#### Required action
Extract from the entries below, exactly as given, only the lines from the line containing "update_in-total rand handshaking" to the line containing "abbrev pub dialing", both lines included.

[Stored data entries]
_____
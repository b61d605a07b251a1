-- ===== src/Network/Client/Draining.antt =====
-- The loop that receives packets ends when the TCP client has only so many packets.
use ryu_ldn_nx.Prelude.{
  ℕ, zero, suc, ◌≡◌, ◌<◌, ◌≤◌, refl, true, Option, none, some, List, arith, if◌then◌else◌, get_or,
}
use ryu_ldn_nx.Network.TcpInterface.{Message, ITcpClient}
use ryu_ldn_nx.Network.Client.{
  Client, is_sent, is_lost_or_down, recv_buffer_size, fail_change, is_backoff_expired,
}
use ryu_ldn_nx.Network.Client.Receiving.{
  is_timeout, handle_packet, receive_packets, process_packets,
}
use ryu_ldn_nx.Network.Client.Updating.{handle_ready_state, retry, wait_backoff, update_in, update}
use ryu_ldn_nx.Network.Client.States.{if-holds, if-cases}
use ryu_ldn_nx.Network.Client.Retrying.{Returns, Returns-bind, Returns-map, retry-Answered}
use ryu_ldn_nx.Network.ConnectionState.{
  ConnectionState, disconnected, connecting, connected, handshaking, ready, backoff, retrying,
  disconnecting, error, ConnectionEvent,
}

-- How many packets a TCP client still has: receiving one takes it away, sending adds none.
pub record Finite {T : Type 0} (I : ITcpClient T) (pending : T → ℕ) : Type 0 where
  pub received_one :
      (t : T) (size timeout : ℕ)
      → let (received, t') = I.receive_packet t size timeout in
        is_sent received.result ≡ true → pending t' < pending t
  pub sent_one : (t : T) (message : Message) → pending (I.send t message).1 ≤ pending t

Returns-some : {A : Type 0} (P : A → Type 0) (o : Option A) → Returns P o → (a : A) × (o ≡ some a)
Returns-some P none h = absurd h
Returns-some P (some a) h = (a, refl)

module _ {T : Type 0} (I : ITcpClient T) (pending : T → ℕ) (finite : Finite I pending) where
  pending-handle_packet :
      (c : Client T) (id : ℕ) (payload : List ℕ)
      → pending (handle_packet I c id payload).tcp ≤ pending c.tcp
  unfolding handle_packet
  pending-handle_packet c id payload =
      ground (arith, finite.sent_one c.tcp (Message.ping 0 (get_or payload 1 0)))

  receive_packets-total :
      (fuel : ℕ) (c : Client T)
      → pending c.tcp < fuel
      → Returns (λ _. Unit {0}) (receive_packets I fuel c)
  unfolding receive_packets
  receive_packets-total zero c h = absurd (omega arith)
  receive_packets-total (suc fuel) c h =
      let (received, tcp) = I.receive_packet c.tcp recv_buffer_size c.config.recv_timeout_ms in
      let c' = record c { tcp = tcp } in
      let handled = handle_packet I c' received.id received.payload in
      let P = λ (o : Option (Client T)). Returns (λ _. Unit {0}) o in
      let more : Option (Client T) =
        if is_sent received.result then receive_packets I fuel handled else some c' in
      let lost = fail_change c' ConnectionEvent.connection_lost in
      if-holds P (is_timeout received.result) (some c')
        (if is_lost_or_down received.result then some lost else more) tt
        (if-holds P (is_lost_or_down received.result) (some lost) more tt (
          if-cases P (is_sent received.result) (receive_packets I fuel handled) (some c')
            (λ ok. receive_packets-total fuel handled (
              omega (
                arith,
                finite.received_one c.tcp recv_buffer_size c.config.recv_timeout_ms ok,
                pending-handle_packet c' received.id received.payload,
              )))
            (λ _. tt)))

  update_in-total :
      (rand : ℕ → ℕ) (s : ConnectionState) (fuel : ℕ) (c : Client T) (now : ℕ)
      → c.machine.state ≡ s
      → 0 < c.reconnect_manager.config.multiplier_percent
      → pending c.tcp < fuel
      → Returns (λ _. Unit {0}) (update_in I rand s fuel c now)
  unfolding update_in handle_ready_state process_packets wait_backoff
  update_in-total rand disconnected fuel c now e m h = tt
  update_in-total rand connecting fuel c now e m h = tt
  update_in-total rand connected fuel c now e m h = tt
  update_in-total rand handshaking fuel c now e m h = tt
  update_in-total rand ready fuel c now e m h =
      Returns-bind (λ _. Unit {0}) (λ _. Unit {0}) (process_packets I fuel c) _
        (if-holds (λ (o : Option (Client T)). Returns (λ _. Unit {0}) o) (I.is_connected c.tcp)
          (receive_packets I fuel c) (some c) (receive_packets-total fuel c h) tt)
        (λ c' _. tt)
  update_in-total rand backoff fuel c now e m h =
      let (expired, c') = is_backoff_expired c now in
      if-holds (λ (o : Option (Client T)). Returns (λ _. Unit {0}) o) expired (retry I c') (some c')
        (Returns-map (retry I c')
          (retry-Answered I c' (unfold is_backoff_expired in ground (arith, e))
            (unfold is_backoff_expired in ground arith))
          (λ _ _. tt))
        tt
  update_in-total rand retrying fuel c now e m h = tt
  update_in-total rand disconnecting fuel c now e m h = tt
  update_in-total rand error fuel c now e m h = tt

  -- `update` ends: with a TCP client that has fewer packets than the fuel, of which receiving takes one
  -- away and sending adds none, and with a multiplier of the delay above 0, it has a result in every state.
  pub update-total :
      (rand : ℕ → ℕ) (c : Client T) (fuel now : ℕ)
      → pending c.tcp < fuel
      → 0 < c.reconnect_manager.config.multiplier_percent
      → (c' : Client T) × (update I rand fuel c now ≡ some c')
  unfolding update
  update-total rand c fuel now h m =
      Returns-some (λ _. Unit {0}) (update I rand fuel c now)
        (update_in-total rand c.machine.state fuel (record c { last_update_time_ms = now }) now refl
          m h)
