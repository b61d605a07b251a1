-- ===== src/Network/Client/Joining.antt =====
-- How a client gets ready: `connect`, an update that sends the handshake, and one that gets the answer.
-- What is carried along on the way.
pub mod Dialing
pub mod Handshake
use ryu_ldn_nx.Prelude.{ℕ, ◌≡◌, Bool, some, List, if◌then◌else◌, take, drop}
use ryu_ldn_nx.Network.ConnectionState.{ConnectionState, ready}
use ryu_ldn_nx.Network.TcpInterface.{ITcpClient}
use ryu_ldn_nx.Network.Client.{Client}
use ryu_ldn_nx.Network.Client.Connecting.{with_address}

-- The client of a `connect` with its configuration's own address.
abbrev pub dialing : {T : Type 0} → Client T → Client T
dialing c = with_address c (some c.config.host) c.config.port

-- What the steps of getting ready carry along: the state, the TCP client, and what the handshake uses.
pub record Reached {T : Type 0} (state : ConnectionState) (tcp : T) (sent : Bool) (c c' : Client T)
    : Type 0 where
  pub state_is : c'.machine.state ≡ state
  pub tcp_is : c'.tcp ≡ tcp
  pub sent_is : c'.handshake_sent ≡ sent
  pub same_config : c'.config ≡ (dialing c).config
  pub same_session : c'.session_id ≡ c.session_id
  pub same_mac : c'.mac_address ≡ c.mac_address
  pub same_timeout : c'.handshake_timeout_ms ≡ c.handshake_timeout_ms

-- The TCP client that `connect` uses: it is initialized on the first call.
abbrev pub started : {T : Type 0} → ITcpClient T → Client T → T
started I c = if c.initialized then c.tcp else (I.initialize c.tcp).1

-- A client that an `Initialize` packet has made ready.
pub record Joined {T : Type 0} (payload : List ℕ) (tcp : T) (c : Client T) : Type 0 where
  pub is_there : c.machine.state ≡ ready
  pub has_session : c.session_id ≡ take 16 payload
  pub has_mac : c.mac_address ≡ take 6 (drop 16 payload)
  pub has_tcp : c.tcp ≡ tcp
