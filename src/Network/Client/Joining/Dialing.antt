-- ===== src/Network/Client/Joining/Dialing.antt =====
-- `connect` up to the TCP connection.
use ryu_ldn_nx.Prelude.{
  ◌<◌, ◌≡◌, refl, sym, ap, ap₂, ◌∙◌, Bool, true, false, ◌||◌, arith, Bool-cases, inl, inr,
}
use ryu_ldn_nx.Network.ConnectionState.{
  ConnectionState, disconnected, connecting, connected, handshaking, ready,
}
use ryu_ldn_nx.Network.ConnectionState as Machine
use ryu_ldn_nx.Network.TcpInterface.{ClientResult, ITcpClient}
use ryu_ldn_nx.Network.Client.{Client, notify}
use ryu_ldn_nx.Network.Client.Connecting.{
  endpoint, with_address, connect, connect_to, initialize_and_connect, begin_connect, try_connect,
  connect_answered, is_busy,
}
use ryu_ldn_nx.Network.Client.Retrying.{Returns, Returns-bind, reset-some}
use ryu_ldn_nx.Network.Client.States.{if-true, if-false}
use ryu_ldn_nx.Network.Client.Joining.{dialing, Reached, started}

module _ {T : Type 0} where
  answered-Reached :
      (c d : Client T)
      → d.machine.state ≡ connecting
      → 0 < d.reconnect_manager.config.multiplier_percent
      → Reached connecting d.tcp false c d
      → Returns (Reached connected d.tcp false c) (connect_answered d ClientResult.success)
  unfolding connect_answered Machine.process_event
  answered-Reached c d s h r =
      let (delay, e) = reset-some d.reconnect_manager h in rw e (ground (arith, s))

  notified-Reached :
      (c d : Client T) (tcp : T) (before : ConnectionState)
      → Reached connected tcp false c d
      → Reached connected tcp false c (notify d before)
  unfolding notify
  notified-Reached c d tcp before r = ground arith

not_busy : is_busy disconnected ≡ false
unfolding is_busy Machine.is_connected Machine.is_transitioning
not_busy = refl

connect-event :
    (m : Machine.ConnectionStateMachine)
    → m.state ≡ disconnected
    → ((Machine.process_event m Machine.ConnectionEvent.connect).0
        ≡ record m { state = connecting })
      × ((Machine.process_event m Machine.ConnectionEvent.connect).1
          ≡ Machine.TransitionResult.success)
unfolding Machine.process_event
connect-event m s = ground (arith, s)

module _ {T : Type 0} (I : ITcpClient T) where
  try_connect-success :
      (d : Client T) (tcp : T)
      → I.connect d.tcp (endpoint d) ≡ (ClientResult.success, tcp)
      → try_connect I d ≡ connect_answered (record d { tcp = tcp }) ClientResult.success
  unfolding try_connect
  try_connect-success d tcp up =
      ap (λ (a : ClientResult × T). connect_answered (record d { tcp = a.1 }) a.0) up

  begin_connect-Reached :
      (c d : Client T) (tcp : T)
      → d.machine.state ≡ disconnected
      → 0 < d.reconnect_manager.config.multiplier_percent
      → Reached disconnected d.tcp false c d
      → I.connect d.tcp (endpoint d) ≡ (ClientResult.success, tcp)
      → Returns (λ r. Reached connected tcp false c r.1) (begin_connect I d)
  unfolding begin_connect endpoint
  begin_connect-Reached c d tcp s h r up =
      let d' = record d { machine = record d.machine { state = connecting } } in
      let (moved, allowed) = connect-event d.machine s in
      rw (moved, allowed, try_connect-success d' tcp up)
        (Returns-bind _ _ (connect_answered (record d' { tcp = tcp }) ClientResult.success) _
          (answered-Reached c (record d' { tcp = tcp }) refl h (ground arith))
          (λ d'' a. notified-Reached c d'' tcp disconnected a))

  connect-begins :
      (c : Client T)
      → c.machine.state ≡ disconnected
      → (c.initialized || (I.initialize c.tcp).0) ≡ true
      → connect I c
        ≡ begin_connect I
            (record (dialing c) { tcp = started I c; initialized = true; handshake_sent = false })
  unfolding connect connect_to initialize_and_connect with_address
  connect-begins c s ok =
      let idle : is_busy c.machine.state ≡ false = ap is_busy s ∙ not_busy in
      let begins = λ (t : T) (b : Bool).
        begin_connect I (record (dialing c) { tcp = t; initialized = b; handshake_sent = false }) in
      elim (Bool-cases c.initialized) [
        | inl before ↦
            if-false _ _ _ idle
            ∙ if-true _ _ _ before
            ∙ ap₂ begins (sym (if-true c.initialized c.tcp (I.initialize c.tcp).1 before)) before
        | inr first ↦
            (let works : (I.initialize c.tcp).0 ≡ true =
                ap (λ b. b || (I.initialize c.tcp).0) (sym first) ∙ ok in
              if-false _ _ _ idle
              ∙ if-false _ _ _ first
              ∙ if-true _ _ _ works
              ∙ ap (λ t. begins t true)
                  (sym (if-false c.initialized c.tcp (I.initialize c.tcp).1 first)))
      ]

  pub connect-Reached :
      (c : Client T) (tcp : T)
      → c.machine.state ≡ disconnected
      → 0 < c.reconnect_manager.config.multiplier_percent
      → (c.initialized || (I.initialize c.tcp).0) ≡ true
      → I.connect (started I c) (endpoint (dialing c)) ≡ (ClientResult.success, tcp)
      → Returns (λ r. Reached connected tcp false c r.1) (connect I c)
  unfolding with_address endpoint
  connect-Reached c tcp s h ok up =
      let d = record (dialing c) {
        tcp = started I c;
        initialized = true;
        handshake_sent = false;
      } in
      rw (connect-begins c s ok) (
        begin_connect-Reached c d tcp s h
          (record {
            state_is = s;
            tcp_is = refl;
            sent_is = refl;
            same_config = refl;
            same_session = refl;
            same_mac = refl;
            same_timeout = refl;
          })
          up)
_____
#### Final answer
  update_in-total rand handshaking fuel c now e m h = tt
  update_in-total rand ready fuel c now e m h =
      Returns-bind (λ _. Unit {0}) (λ _. Unit {0}) (process_packets I fuel c) _
        (if-holds (λ (o : Option (Client T)). Returns (λ _. Unit {0}) o) (I.is_connected c.tcp)
          (receive_packets I fuel c) (some c) (receive_packets-total fuel c h) tt)
        (λ c' _. tt)
  update_in-total rand backoff fuel c now e m h =
      let (expired, c') = is_backoff_expired c now in
      if-holds (λ (o : Option (Client T)). Returns (λ _. Unit {0}) o) expired (retry I c') (some c')
        (Returns-map (retry I c')
          (retry-Answered I c' (unfold is_backoff_expired in ground (arith, e))
            (unfold is_backoff_expired in ground arith))
          (λ _ _. tt))
        tt
  update_in-total rand retrying fuel c now e m h = tt
  update_in-total rand disconnecting fuel c now e m h = tt
  update_in-total rand error fuel c now e m h = tt

  -- `update` ends: with a TCP client that has fewer packets than the fuel, of which receiving takes one
  -- away and sending adds none, and with a multiplier of the delay above 0, it has a result in every state.
  pub update-total :
      (rand : ℕ → ℕ) (c : Client T) (fuel now : ℕ)
      → pending c.tcp < fuel
      → 0 < c.reconnect_manager.config.multiplier_percent
      → (c' : Client T) × (update I rand fuel c now ≡ some c')
  unfolding update
  update-total rand c fuel now h m =
      Returns-some (λ _. Unit {0}) (update I rand fuel c now)
        (update_in-total rand c.machine.state fuel (record c { last_update_time_ms = now }) now refl
          m h)
repository b61d605a07b251a1
-- ===== src/Network/Client/Joining.antt =====
-- How a client gets ready: `connect`, an update that sends the handshake, and one that gets the answer.
-- What is carried along on the way.
pub mod Dialing
pub mod Handshake
use ryu_ldn_nx.Prelude.{ℕ, ◌≡◌, Bool, some, List, if◌then◌else◌, take, drop}
use ryu_ldn_nx.Network.ConnectionState.{ConnectionState, ready}
use ryu_ldn_nx.Network.TcpInterface.{ITcpClient}
use ryu_ldn_nx.Network.Client.{Client}
use ryu_ldn_nx.Network.Client.Connecting.{with_address}

-- The client of a `connect` with its configuration's own address.
abbrev pub dialing : {T : Type 0} → Client T → Client T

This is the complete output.